**AIM OF THE EXERCISE**:
Restate word for word the lines of the data below, from the first through the one that has "common (a ∷".

**SUPPLIED RECORDS**:

========================================

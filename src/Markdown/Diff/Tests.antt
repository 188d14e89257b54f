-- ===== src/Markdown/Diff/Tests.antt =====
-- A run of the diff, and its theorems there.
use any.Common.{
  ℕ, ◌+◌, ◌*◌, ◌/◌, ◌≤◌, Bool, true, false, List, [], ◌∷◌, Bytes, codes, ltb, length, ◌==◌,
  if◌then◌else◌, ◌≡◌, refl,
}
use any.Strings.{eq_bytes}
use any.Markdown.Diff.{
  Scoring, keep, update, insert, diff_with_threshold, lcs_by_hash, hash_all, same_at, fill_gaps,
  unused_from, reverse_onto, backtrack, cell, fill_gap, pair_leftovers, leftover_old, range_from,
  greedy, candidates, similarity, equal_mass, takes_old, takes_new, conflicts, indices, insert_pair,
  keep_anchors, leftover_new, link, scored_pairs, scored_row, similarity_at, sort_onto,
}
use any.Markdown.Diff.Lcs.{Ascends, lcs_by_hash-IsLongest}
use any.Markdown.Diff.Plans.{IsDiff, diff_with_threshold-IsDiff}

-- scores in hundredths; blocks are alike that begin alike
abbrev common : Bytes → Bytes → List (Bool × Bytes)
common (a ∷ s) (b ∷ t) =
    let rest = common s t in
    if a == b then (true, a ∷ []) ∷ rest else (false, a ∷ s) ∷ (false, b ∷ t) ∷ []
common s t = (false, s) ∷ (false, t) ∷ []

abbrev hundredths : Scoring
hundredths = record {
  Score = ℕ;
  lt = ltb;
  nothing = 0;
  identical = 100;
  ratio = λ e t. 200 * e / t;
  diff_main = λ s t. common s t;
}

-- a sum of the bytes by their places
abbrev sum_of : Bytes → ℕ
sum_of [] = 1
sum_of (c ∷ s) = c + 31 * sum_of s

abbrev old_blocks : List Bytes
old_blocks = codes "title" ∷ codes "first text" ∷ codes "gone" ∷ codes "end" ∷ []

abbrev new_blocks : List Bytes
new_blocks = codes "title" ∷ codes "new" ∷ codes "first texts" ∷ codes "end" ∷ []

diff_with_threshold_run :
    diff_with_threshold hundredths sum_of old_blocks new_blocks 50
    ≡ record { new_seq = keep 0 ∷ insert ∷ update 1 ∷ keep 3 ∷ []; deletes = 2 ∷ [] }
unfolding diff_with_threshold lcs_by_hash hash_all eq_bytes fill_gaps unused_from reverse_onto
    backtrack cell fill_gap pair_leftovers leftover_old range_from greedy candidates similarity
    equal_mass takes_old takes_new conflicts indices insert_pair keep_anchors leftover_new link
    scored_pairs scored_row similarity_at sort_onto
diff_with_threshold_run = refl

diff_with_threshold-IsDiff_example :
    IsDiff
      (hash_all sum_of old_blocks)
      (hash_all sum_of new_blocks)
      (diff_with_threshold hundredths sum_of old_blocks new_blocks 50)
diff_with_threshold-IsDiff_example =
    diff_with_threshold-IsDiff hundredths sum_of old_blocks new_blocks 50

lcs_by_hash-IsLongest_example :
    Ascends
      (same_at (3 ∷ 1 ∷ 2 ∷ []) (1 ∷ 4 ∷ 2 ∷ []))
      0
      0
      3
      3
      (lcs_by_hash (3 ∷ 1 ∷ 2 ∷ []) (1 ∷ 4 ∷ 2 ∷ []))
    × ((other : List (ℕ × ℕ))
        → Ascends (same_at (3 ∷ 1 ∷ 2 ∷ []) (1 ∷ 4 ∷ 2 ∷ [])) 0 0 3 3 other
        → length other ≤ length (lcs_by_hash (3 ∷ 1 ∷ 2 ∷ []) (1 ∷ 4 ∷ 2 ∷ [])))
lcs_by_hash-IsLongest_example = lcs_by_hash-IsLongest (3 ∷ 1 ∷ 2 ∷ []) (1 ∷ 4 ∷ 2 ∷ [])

========================================

**SOLUTION TO THE EXERCISE**:
filename src/Markdown/Diff/Tests.antt
repository 188d14e89257b54f
-- ===== src/Markdown/Diff/Tests.antt =====
-- A run of the diff, and its theorems there.
use any.Common.{
  ℕ, ◌+◌, ◌*◌, ◌/◌, ◌≤◌, Bool, true, false, List, [], ◌∷◌, Bytes, codes, ltb, length, ◌==◌,
  if◌then◌else◌, ◌≡◌, refl,
}
use any.Strings.{eq_bytes}
use any.Markdown.Diff.{
  Scoring, keep, update, insert, diff_with_threshold, lcs_by_hash, hash_all, same_at, fill_gaps,
  unused_from, reverse_onto, backtrack, cell, fill_gap, pair_leftovers, leftover_old, range_from,
  greedy, candidates, similarity, equal_mass, takes_old, takes_new, conflicts, indices, insert_pair,
  keep_anchors, leftover_new, link, scored_pairs, scored_row, similarity_at, sort_onto,
}
use any.Markdown.Diff.Lcs.{Ascends, lcs_by_hash-IsLongest}
use any.Markdown.Diff.Plans.{IsDiff, diff_with_threshold-IsDiff}

-- scores in hundredths; blocks are alike that begin alike
abbrev common : Bytes → Bytes → List (Bool × Bytes)
common (a ∷ s) (b ∷ t) =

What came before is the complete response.